Patients report major physical problems: Even the slightest effort drains their energy for days. They experience flu symptoms and sleep disorders. Their body aches, their pulse rages and their head is in a fog.
Yet, when doctors examine them, they find nothing. Blood tests and MRI and CT scans are mostly normal.
Research has begun to reveal a new picture. As researchers are able to look at our biology more deeply and with greater precision, one deviation after another emerges in several of the body's important systems.
The question now is:
How are we to understand this complicated picture?
Why don’t all patients show the same changes? Are the changes just a consequence of the disease? Or do they signal causal mechanisms? And how might all the different discrepancies be linked?
ScienceNorway.no set out to learn more about what we do and do not know about what happens in the body of people with ME/CFS.
The available research on ME/CFS is limited.
ME/CFS research is underfunded relative to the disease burden in the population, especially in biomedicine, according to an American study in the journal Work.
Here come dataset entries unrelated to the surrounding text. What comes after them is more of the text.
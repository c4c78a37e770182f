-- ===== src/TenantManagement/Invitations/Joining.antt =====
-- What an accepted invitation does to the members of the tenant.
use medusa_multi_tenancy.Prelude.{
  ◌≤◌, ◌≡◌, refl, ◌∙◌, String, Bool, true, false, some, if◌then◌else◌, arith, eq_iff, eq_refl, inl,
  inr, Option-cases,
}
use medusa_multi_tenancy.Schema.{Invitation, Membership}
use medusa_multi_tenancy.Sql.Rows.{rows, first-none, rows_congr, update-Replaces}
use medusa_multi_tenancy.World.{Env, World}
use medusa_multi_tenancy.TenantManagement.Members.{has_member_id, is_owner, active_owner_of}
use medusa_multi_tenancy.TenantManagement.Members.Changes.{HasUniqueIds, owners}
use medusa_multi_tenancy.TenantManagement.Invitations.{member_with_email, accept_invitation}
use medusa_multi_tenancy.TenantManagement.Invitations.Accept.{
  IsAcceptable, joined_row, new_row, existing, accept_changes, accept_inserts, accept_cases,
}

module _ (env : Env) where
  -- The unique key of `tenant_membership` on the tenant and the address.
  abbrev pub HasUniqueEmails : World env → Type 0
  HasUniqueEmails w = (t e : String) → rows env.sql (member_with_email t e) w.memberships ≤ 1

  module _ (token : String) (w : World env) where
    -- Accepting an invitation, or failing to, keeps the unique key of tenant and address: the code
    -- never inserts a second membership.
    pub accept-HasUniqueEmails :
        HasUniqueEmails w → HasUniqueEmails (accept_invitation env token w).1
    accept-HasUniqueEmails u t e = elim (accept_cases env token w) [
      | inl (x, threw) ↦ rw threw (u t e)
      | inr (i, a) ↦ elim (Option-cases (existing env token w i)) [
        | inr (m, found) ↦ rw (accept_changes env token w a found) (
            rw
              (env.sql.rows-update (member_with_email t e) (has_member_id m.id)
                  (joined_row env token w i) w.memberships
                ∙ rows_congr env.sql _ (member_with_email t e) w.memberships
                    (λ r. kept i (has_member_id m.id r) r))
              (u t e))
        | inl absent ↦ rw (accept_inserts env token w a absent) (
            ground (
              arith,
              env.sql.rows-insert (member_with_email t e) (new_row env token w i) w.memberships,
              u t e,
              first-none env.sql (member_with_email i.tenant_id i.email) w.memberships absent,
              eq_iff i.tenant_id t,
              eq_iff i.email e,
            ))
      ]
    ]
      where
        kept :
            (i : Invitation) (b : Bool) (r : Membership)
            → member_with_email t e (if b then joined_row env token w i r else r)
              ≡ member_with_email t e r
        kept i true r = refl
        kept i false r = refl

    -- With unique member ids, where an acceptable invitation names a role other than owner and goes
    -- to the only active owner of the tenant, accepting it leaves the tenant with no active owner.
    pub accept_orphans_tenant :
        (i : Invitation) {m : Membership}
        → HasUniqueIds env w
        → IsAcceptable env token w i
        → existing env token w i ≡ some m
        → is_owner i.role ≡ false
        → active_owner_of i.tenant_id m ≡ true
        → owners env i.tenant_id w ≡ 1
        → owners env i.tenant_id (accept_invitation env token w).1 ≡ 0
    accept_orphans_tenant i {m} u a found demotes was_owner only =
        rw (accept_changes env token w a found) (
          ground (
            arith,
            update-Replaces env.sql (member_with_email i.tenant_id i.email) (has_member_id m.id)
                (joined_row env token w i) w.memberships found (eq_refl m.id) (u m.id)
                (active_owner_of i.tenant_id),
          ))
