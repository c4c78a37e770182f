-- ===== src/TenantManagement/Invitations/RoundTrip.antt =====
-- tenant-management/service.ts: `acceptInvitation` on a token of `inviteUserToTenant`.
use Prim.Native.String.{◌++◌ as text_append}
use text.Mathlib.TextPositions.{starts_with-append}
use medusa_multi_tenancy.Prelude.{
  ℕ, suc, ◌+◌, ◌*◌, ◌≤◌, ◌≡◌, refl, ◌∙◌, String, Bool, true, false, ◌&&◌, Option, none, some,
  one_if, arith, str_eq, starts_with, ltb, eq_iff, eq_refl, ◌⊎◌, inl, inr, Bool-cases,
}
use medusa_multi_tenancy.Prelude.Text.{normalize_email}
use medusa_multi_tenancy.Schema.{Invitation, TenantRole, pending, same_role, is_pending}
use medusa_multi_tenancy.Sql.Rows.{rows, first, first_meets, first_of_pos, rows_mono, rows_of_key}
use medusa_multi_tenancy.World.{Env, World, Result, ok, thrown, invitation_token_syntax}
use medusa_multi_tenancy.TenantManagement.Lifecycle.{day_ms}
use medusa_multi_tenancy.TenantManagement.Members.{normalize_role}
use medusa_multi_tenancy.TenantManagement.Invitations.{
  has_token, token_prefix, default_expiry_days, normalize_inviter, invite_user_to_tenant,
  accept_invitation,
}
use medusa_multi_tenancy.TenantManagement.Invitations.Accept.{IsAcceptable, accept_returns}

module _ (env : Env) (tenant_id email : String) (role invited_by : Option String) (days : Option ℕ)
    (w : World env) where
  -- The token that the call draws,
  abbrev pub token_of : String
  token_of = text_append (token_prefix tenant_id (normalize_role role)) (env.random_uuid w.drawn)

  -- and the row that it inserts.
  abbrev pub invitation_of : Invitation
  invitation_of = record {
    id = env.random_uuid (suc w.drawn);
    tenant_id = tenant_id;
    email = normalize_email email;
    role = normalize_role role;
    invitation_token = token_of;
    status = pending;
    invited_by = normalize_inviter invited_by;
    accepted_at = none;
    expires_at = w.now + default_expiry_days days * day_ms;
    updated_at = w.now;
  }

  abbrev pub invited : Result Invitation × World env
  invited = invite_user_to_tenant env tenant_id email role invited_by days w

  invite_returns :
      env.takes_token token_of ≡ true
      → (invited.0 ≡ ok invitation_of)
        × (invited.1.invitations ≡ env.sql.insert invitation_of w.invitations)
  unfolding invite_user_to_tenant
  invite_returns taken = rw taken (refl, refl)

  invite_throws :
      env.takes_token token_of ≡ false
      → invited ≡ (thrown invitation_token_syntax, record w { drawn = suc (suc w.drawn) })
  unfolding invite_user_to_tenant
  invite_throws refused = rw refused refl

  module _ (taken : env.takes_token token_of ≡ true)
      (fresh : rows env.sql (has_token token_of) w.invitations ≡ 0) (later : ℕ) where
    abbrev pub sent : World env
    sent = record invited.1 { now = later }

    sent_count :
        (q : Invitation → Bool)
        → rows env.sql (λ r. has_token token_of r && q r) sent.invitations
          ≡ one_if (q invitation_of)
    sent_count q = rw (invite_returns taken).1 (
        ground (
          arith,
          env.sql.rows-insert (λ r. has_token token_of r && q r) invitation_of w.invitations,
          fresh,
          eq_refl token_of,
          rows_mono env.sql (λ r. has_token token_of r && q r) (has_token token_of) w.invitations
              (λ r. left (has_token token_of r) (q r)),
        ))
      where
        left : (a b : Bool) → (a && b) ≡ true → a ≡ true
        left true b e = refl
        left false b e = e

    sent_once : rows env.sql (has_token token_of) sent.invitations ≡ 1
    sent_once = rw (invite_returns taken).1 (
        ground (
          arith,
          env.sql.rows-insert (has_token token_of) invitation_of w.invitations,
          fresh,
          eq_refl token_of,
        ))

    module _ {i : Invitation}
        (found : first env.sql (has_token token_of) sent.invitations ≡ some i) where
      agrees : (q : Invitation → Bool) → q i ≡ q invitation_of
      agrees q = ground (
        arith,
        sent_count q,
        rows_of_key env.sql (has_token token_of) (has_token token_of) q sent.invitations found
            (first_meets env.sql (has_token token_of) sent.invitations found)
            (omega (arith, sent_once)),
      )

      sent_fields :
          (i.tenant_id ≡ tenant_id)
          × (i.email ≡ normalize_email email)
          × (i.role ≡ normalize_role role)
      sent_fields = (
        (eq_iff _ _).0 (agrees (λ r. str_eq r.tenant_id tenant_id) ∙ eq_refl tenant_id),
        (eq_iff _ _).0 (
            agrees (λ r. str_eq r.email (normalize_email email)) ∙ eq_refl (normalize_email email)),
        same_role-eq (i.role) (normalize_role role) (
            agrees (λ r. same_role r.role (normalize_role role))
            ∙ same_role_self (normalize_role role)),
      )
        where
          same_role-eq : (a b : TenantRole) → same_role a b ≡ true → a ≡ b
          same_role-eq a b h = ground arith

          same_role_self : (a : TenantRole) → same_role a a ≡ true
          same_role_self a = ground arith

      sent-IsAcceptable :
          later ≤ w.now + default_expiry_days days * day_ms → IsAcceptable env token_of sent i
      sent-IsAcceptable h = record {
        found = found;
        pending = agrees (λ r. is_pending r.status);
        prefixed =
            agrees (λ r. starts_with r.invitation_token (token_prefix r.tenant_id r.role))
            ∙ starts_with-append (token_prefix tenant_id (normalize_role role))
                (env.random_uuid w.drawn);
        unexpired =
            agrees (λ r. ltb r.expires_at later)
            ∙ ltb_of_le (w.now + default_expiry_days days * day_ms) later h;
      }
        where
          ltb_of_le : (a b : ℕ) → b ≤ a → ltb a b ≡ false
          ltb_of_le a b h = ground arith

    accepts :
        later ≤ w.now + default_expiry_days days * day_ms
        → (accept_invitation env token_of sent).0
          ≡ ok (tenant_id, normalize_email email, normalize_role role)
    accepts h =
        let (i, found) =
          first_of_pos env.sql (has_token token_of) sent.invitations (omega (arith, sent_once)) in
        let (at_tenant, at_email, at_role) = sent_fields found in
        cc (
          (accept_returns env token_of sent (sent-IsAcceptable found h)).0,
          at_tenant,
          at_email,
          at_role,
        )

  -- Where the new token is in no stored invitation, `inviteUserToTenant` does one of two things. If the
  -- column takes the token, it returns the invitation, and the token is accepted at every time up to
  -- the expiry, for the tenant, the trimmed address in lower case and the normalized role that were
  -- asked for. If the column does not take it, as the UUID column of the migration does not, the call
  -- fails with the error of the database, and no table changes.
  pub accept-invite :
      (later : ℕ)
      → rows env.sql (has_token token_of) w.invitations ≡ 0
      → later ≤ w.now + default_expiry_days days * day_ms
      → ((env.takes_token token_of ≡ true)
          × (invited.0 ≡ ok invitation_of)
          × ((accept_invitation env token_of (record invited.1 { now = later })).0
              ≡ ok (tenant_id, normalize_email email, normalize_role role)))
        ⊎ ((env.takes_token token_of ≡ false)
            × (invited ≡ (thrown invitation_token_syntax, record w { drawn = suc (suc w.drawn) })))
  accept-invite later fresh h = elim (Bool-cases (env.takes_token token_of)) [
    | inl taken ↦ inl (taken, (invite_returns taken).0, accepts taken fresh later h)
    | inr refused ↦ inr (refused, invite_throws refused)
  ]
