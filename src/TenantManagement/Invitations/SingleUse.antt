-- ===== src/TenantManagement/Invitations/SingleUse.antt =====
-- tenant-management/service.ts: a second call of `acceptInvitation` with the same token.
use medusa_multi_tenancy.Prelude.{
  ◌≤◌, ◌≡◌, refl, ap, ◌∙◌, String, Bool, true, false, not, ◌&&◌, some, if◌then◌else◌, arith, str_eq,
  eq_refl, inl, inr,
}
use medusa_multi_tenancy.Schema.{Invitation, TenantRole, is_pending}
use medusa_multi_tenancy.Sql.Rows.{
  rows, first, first_meets, first_pos, first_of_pos, rows_of_key, rows_congr,
}
use medusa_multi_tenancy.World.{Env, World, ok, thrown, invitation_not_pending}
use medusa_multi_tenancy.TenantManagement.Invitations.{has_token, accept_invitation}
use medusa_multi_tenancy.TenantManagement.Invitations.Accept.{
  IsAcceptable, accepted_row, accept_returns, accept_cases,
}

module _ (env : Env) (token : String) where
  refused_if_used :
      (w : World env) {i : Invitation}
      → first env.sql (has_token token) w.invitations ≡ some i
      → is_pending i.status ≡ false
      → accept_invitation env token w ≡ (thrown invitation_not_pending, w)
  unfolding accept_invitation
  refused_if_used w found used = ground arith

  module _ (w : World env) (u : rows env.sql (has_token token) w.invitations ≤ 1) {i : Invitation}
      (a : IsAcceptable env token w i) where
    still_there :
        rows env.sql (has_token token) (accept_invitation env token w).1.invitations
        ≡ rows env.sql (has_token token) w.invitations
    still_there = rw (accept_returns env token w a).1 (
        env.sql.rows-update (has_token token) (λ r. str_eq r.id i.id) (accepted_row env token w)
          w.invitations
        ∙ rows_congr env.sql _ _ w.invitations (λ r. kept (str_eq r.id i.id) r))
      where
        kept :
            (b : Bool) (r : Invitation)
            → has_token token (if b then accepted_row env token w r else r) ≡ has_token token r
        kept true r = refl
        kept false r = refl

    none_pending :
        rows env.sql
          (λ r. has_token token r && is_pending r.status)
          (accept_invitation env token w).1.invitations
        ≡ 0
    none_pending = rw (accept_returns env token w a).1 (
        env.sql.rows-update (λ r. has_token token r && is_pending r.status) (λ r. str_eq r.id i.id)
          (accepted_row env token w) w.invitations
        ∙ rows_congr env.sql _
            (λ r. has_token token r && (not (str_eq r.id i.id) && is_pending r.status))
            w.invitations (λ r. pointwise (str_eq r.id i.id) r)
        ∙ rows_of_key env.sql (has_token token) (has_token token)
            (λ r. not (str_eq r.id i.id) && is_pending r.status) w.invitations a.found
            (first_meets env.sql (has_token token) w.invitations a.found) u
        ∙ rw (eq_refl i.id) refl)
      where
        pointwise :
            (b : Bool) (r : Invitation)
            → (has_token token (if b then accepted_row env token w r else r)
                && is_pending (if b then accepted_row env token w r else r).status)
              ≡ (has_token token r && (not b && is_pending r.status))
        pointwise true r = ground arith
        pointwise false r = refl

  -- With unique tokens: a token that has been accepted is refused the next time as no longer pending,
  -- and the second call changes nothing.
  pub accept_once :
      (w : World env)
      → rows env.sql (has_token token) w.invitations ≤ 1
      → {r : String × String × TenantRole} → (accept_invitation env token w).0 ≡ ok r
      → let w' = (accept_invitation env token w).1 in
        accept_invitation env token w' ≡ (thrown invitation_not_pending, w')
  accept_once w u h = elim (accept_cases env token w) [
    | inl (e, threw) ↦ cc (h, ap (λ p. p.0) threw)
    | inr (i, a) ↦
        let w' = (accept_invitation env token w).1 in
        let (i', found) = first_of_pos env.sql (has_token token) w'.invitations (
          omega (
            arith,
            still_there w u a,
            first_pos env.sql (has_token token) w.invitations a.found,
          )) in
        refused_if_used w' found (
          ground (
            arith,
            rows_of_key env.sql (has_token token) (has_token token) (λ r. is_pending r.status)
                w'.invitations found (first_meets env.sql (has_token token) w'.invitations found)
                (omega (arith, still_there w u a, u)),
            none_pending w u a,
          ))
  ]
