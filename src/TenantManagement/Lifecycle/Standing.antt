-- ===== src/TenantManagement/Lifecycle/Standing.antt =====
-- The states of a tenant as an abstract machine, and what the four service methods do to its view of
-- the table `tenant`.
use medusa_multi_tenancy.Prelude.{
  ℕ, ◌+◌, ◌*◌, ◌≤◌, ◌≡◌, refl, ap, sym, ◌∙◌, String, Bool, true, false, not, ◌&&◌, Option, none,
  some, if◌then◌else◌, arith, str_eq, eq_iff, Option-cases, inl, inr,
}
use medusa_multi_tenancy.Schema.{
  Tenant, TenantStatus, active, suspended, inactive, pending_deletion, deleted,
}
use medusa_multi_tenancy.Sql.Rows.{
  rows, first, first_meets, first-none, first_pos, first_of_pos, first_of_none, rows_of_key,
  rows_congr,
}
use medusa_multi_tenancy.World.{Env, World}
use medusa_multi_tenancy.TenantManagement.Lifecycle.{
  has_id, is_deleting, retention_days, day_ms, deactivate_tenant, suspend_tenant, reactivate_tenant,
  request_tenant_deletion,
}

pub data LifecycleOp : Type 0 where
  deactivate suspend reactivate request_deletion : LifecycleOp

-- What the rules of the lifecycle read of a tenant.
pub record Standing : Type 0 where
  pub status : TenantStatus
  pub legal_hold : Bool

-- Whether the operation is allowed.
abbrev pub allows : LifecycleOp → Standing → Bool
allows deactivate s = true
allows suspend s = true
allows reactivate s = not (is_deleting s.status)
allows request_deletion s = not s.legal_hold

abbrev pub target : LifecycleOp → TenantStatus
target deactivate = inactive
target suspend = suspended
target reactivate = active
target request_deletion = pending_deletion

abbrev pub next : LifecycleOp → Standing → Standing
next op s = if allows op s then record s { status = target op } else s

abbrev pub standing : Tenant → Standing
standing t = record { status = t.status; legal_hold = t.legal_hold }

abbrev pub map_standing : (Standing → Standing) → Option Standing → Option Standing
map_standing f none = none
map_standing f (some s) = some (f s)

abbrev pub standing_of : Option Tenant → Option Standing
standing_of none = none
standing_of (some t) = some (standing t)

-- the change that an allowed operation makes to the tenant's row
abbrev pub change : LifecycleOp → ℕ → Tenant → Tenant
change deactivate now t = record t {
  status = inactive;
  deactivated_at = some now;
  updated_at = now;
}
change suspend now t = record t { status = suspended; suspended_at = some now; updated_at = now }
change reactivate now t = record t { status = active; updated_at = now }
change request_deletion now t = record t {
  status = pending_deletion;
  deletion_requested_at = some now;
  scheduled_purge_at = some (now + retention_days * day_ms);
  updated_at = now;
}

module _ (env : Env) where
  -- The state after a call, whether it returns or throws.
  unfoldable pub apply : LifecycleOp → String → Option String → World env → World env
  apply deactivate id actor w = (deactivate_tenant env id actor w).1
  apply suspend id actor w = (suspend_tenant env id actor w).1
  apply reactivate id actor w = (reactivate_tenant env id actor w).1
  apply request_deletion id actor w = (request_tenant_deletion env id actor w).1

  -- The primary key of `tenant`.
  abbrev pub HasUniqueTenants : World env → Type 0
  HasUniqueTenants w = (id : String) → rows env.sql (has_id id) w.tenants ≤ 1

  -- The abstract view of the table.
  unfoldable pub view : String → World env → Option Standing
  view id w = standing_of (first env.sql (has_id id) w.tenants)

  pub apply_missing :
      (op : LifecycleOp) (id : String) (actor : Option String) (w : World env)
      → first env.sql (has_id id) w.tenants ≡ none
      → apply op id actor w ≡ w
  unfolding apply deactivate_tenant suspend_tenant reactivate_tenant request_tenant_deletion
  apply_missing deactivate id actor w h = ground arith
  apply_missing _ id actor w h = ground arith

  pub apply_refused :
      (op : LifecycleOp) (id : String) (actor : Option String) (w : World env) {t : Tenant}
      → first env.sql (has_id id) w.tenants ≡ some t
      → allows op (standing t) ≡ false
      → apply op id actor w ≡ w
  unfolding apply deactivate_tenant suspend_tenant reactivate_tenant request_tenant_deletion
  apply_refused deactivate id actor w h a = ground arith
  apply_refused _ id actor w h a = ground arith

  pub apply_allowed :
      (op : LifecycleOp) (id : String) (actor : Option String) (w : World env) {t : Tenant}
      → first env.sql (has_id id) w.tenants ≡ some t
      → allows op (standing t) ≡ true
      → (apply op id actor w).tenants ≡ env.sql.update (has_id id) (change op w.now) w.tenants
  unfolding apply deactivate_tenant suspend_tenant reactivate_tenant request_tenant_deletion
  apply_allowed deactivate id actor w h a = ground arith
  apply_allowed _ id actor w h a = ground arith

same_status : TenantStatus → TenantStatus → Bool
same_status active active = true
same_status suspended suspended = true
same_status inactive inactive = true
same_status pending_deletion pending_deletion = true
same_status deleted deleted = true
same_status _ _ = false

same_flag : Bool → Bool → Bool
same_flag true b = b
same_flag false b = not b

same_standing : Standing → Standing → Bool
unfolding same_status same_flag
same_standing a b = same_status a.status b.status && same_flag a.legal_hold b.legal_hold

same_standing_refl : (a : Standing) → same_standing a a ≡ true
unfolding same_standing
same_standing_refl a = ground arith

eq_of_same_standing : (a b : Standing) → same_standing a b ≡ true → b ≡ a
unfolding same_standing
eq_of_same_standing a b h = ground arith

module _ (env : Env) where
  -- Two tables with unique keys agree on a standing if they agree on every count.
  pub standing_of_counts :
      (j : String) (f : Standing → Standing) (w w' : World env)
      → rows env.sql (has_id j) w.tenants ≤ 1
      → rows env.sql (has_id j) w'.tenants ≤ 1
      → ((p : Standing → Bool)
          → rows env.sql (λ r. has_id j r && p (standing r)) w'.tenants
            ≡ rows env.sql (λ r. has_id j r && p (f (standing r))) w.tenants)
      → view env j w' ≡ map_standing f (view env j w)
  unfolding view
  standing_of_counts j f w w' u u' agree =
      elim (Option-cases (first env.sql (has_id j) w.tenants)) [
        | inl missing ↦
            rw
              (
                missing,
                first_of_none env.sql (has_id j) w'.tenants
                    (omega (arith, same_total, first-none env.sql (has_id j) w.tenants missing)),
              )
              refl
        | inr (m, found) ↦
            let (m', found') =
              first_of_pos env.sql (has_id j) w'.tenants
                (omega (arith, same_total, first_pos env.sql (has_id j) w.tenants found)) in
            rw (found, found')
              (ap some (
                eq_of_same_standing (f (standing m)) (standing m') (
                  ground (
                    arith,
                    agree (same_standing (f (standing m))),
                    rows_of_key env.sql (has_id j) (has_id j)
                        (λ r. same_standing (f (standing m)) (f (standing r))) w.tenants found
                        (first_meets env.sql (has_id j) w.tenants found) u,
                    rows_of_key env.sql (has_id j) (has_id j)
                        (λ r. same_standing (f (standing m)) (standing r)) w'.tenants found'
                        (first_meets env.sql (has_id j) w'.tenants found') u',
                    same_standing_refl (f (standing m)),
                  ))))
      ]
    where
      and_true_right : (b : Bool) → (b && true) ≡ b
      and_true_right true = refl
      and_true_right false = refl

      same_total : rows env.sql (has_id j) w'.tenants ≡ rows env.sql (has_id j) w.tenants
      same_total =
          sym (rows_congr env.sql _ (has_id j) w'.tenants (λ r. and_true_right (has_id j r)))
          ∙ agree (λ _. true)
          ∙ rows_congr env.sql _ (has_id j) w.tenants (λ r. and_true_right (has_id j r))

  -- An update of a row's standing by its key.
  pub counts_after_change :
      (op : LifecycleOp) (id j : String) (w : World env) (p : Standing → Bool)
      → rows env.sql
          (λ r. has_id j r && p (standing r))
          (env.sql.update (has_id id) (change op w.now) w.tenants)
        ≡ rows env.sql
            (λ r.
              has_id j r
              && p (
                  if str_eq j id
                  then record { status = target op; legal_hold = r.legal_hold }
                  else standing r))
            w.tenants
  counts_after_change op id j w p =
      env.sql.rows-update (λ r. has_id j r && p (standing r)) (has_id id) (change op w.now)
        w.tenants
      ∙ rows_congr env.sql _ _ w.tenants (λ r. pointwise op r)
    where
      pointwise :
          (op : LifecycleOp) (r : Tenant)
          → (has_id j (if has_id id r then change op w.now r else r)
              && p (standing (if has_id id r then change op w.now r else r)))
            ≡ (has_id j r
                && p (
                    if str_eq j id
                    then record { status = target op; legal_hold = r.legal_hold }
                    else standing r))
      pointwise deactivate r = ground (arith, eq_iff r.id id, eq_iff r.id j, eq_iff j id)
      pointwise suspend r = ground (arith, eq_iff r.id id, eq_iff r.id j, eq_iff j id)
      pointwise reactivate r = ground (arith, eq_iff r.id id, eq_iff r.id j, eq_iff j id)
      pointwise request_deletion r = ground (arith, eq_iff r.id id, eq_iff r.id j, eq_iff j id)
A search of the Pubmed research database confirms this. Keywords multiple sclerosis or schizophrenia show that at least ten times more studies have been published on these diseases, and over 20 times more studies with the keyword diabetes 1, than on ME/CFS in the last year. All these diseases affect about the same number of people.
However, the situation is improving. Several researchers are taking action, and certain developments are also making it easier to find answers.
Sharper criteria and better technology
In 2015, researchers at the Institute of Medicine (IOM) (now the National Academy of Medicine), developed clearer criteria for recognizing ME/CFS.
These criteria make it easier to distinguish ME/CFS from other disorders that cause fatigue.
New tools and methods are also enabling researchers to look more deeply into genes, intestinal flora and the metabolism of energy and substances in the body.
Now the results are starting to come in.
In the last few years, a number of studies have been published that point to the fact that a lot is out of whack in the body of people with ME/CFS.
Some of the discrepancies have only been shown in small studies and need to be confirmed in larger studies before we can establish whether this is a characteristic of ME/CFS.
Enough results have emerged in some areas that there is reason to believe that some of the findings are characteristic of ME/CFS. They include typical abnormalities in the immune system, cardiovascular system and nervous system.
Problems with the immune system
Several studies suggest that the immune system plays a role.
“A growing body of evidence indicates that ME/CFS is associated with dysregulation of the immune system", according to a review published in 2021.
A review is a survey of previously published research on a topic.
For many people with ME/CFS, symptoms start after an infectious disease like mononucleosis. ME/CFS patients also often have close family members with autoimmune disease.
Researchers have suggested that the activity of the immune system in people with ME/CFS is abnormal in several ways. Some studies, for example, have shown persistent inflammation and increased levels of inflammatory substances such as cytokines. What role they play is not yet clear.
A review from 2019 states that certain cytokines are well documented as being associated with ME/CFS, while another review from the same year did not show any systematic difference in cytokine levels in healthy and sick individuals.
Disorders in immune cells
Other studies have shown disorders in various types of immune cells, such as natural killer cells and T cells. In a systematic review from 2019, the researchers concluded that this seems to be a characteristic feature of ME/CFS patients.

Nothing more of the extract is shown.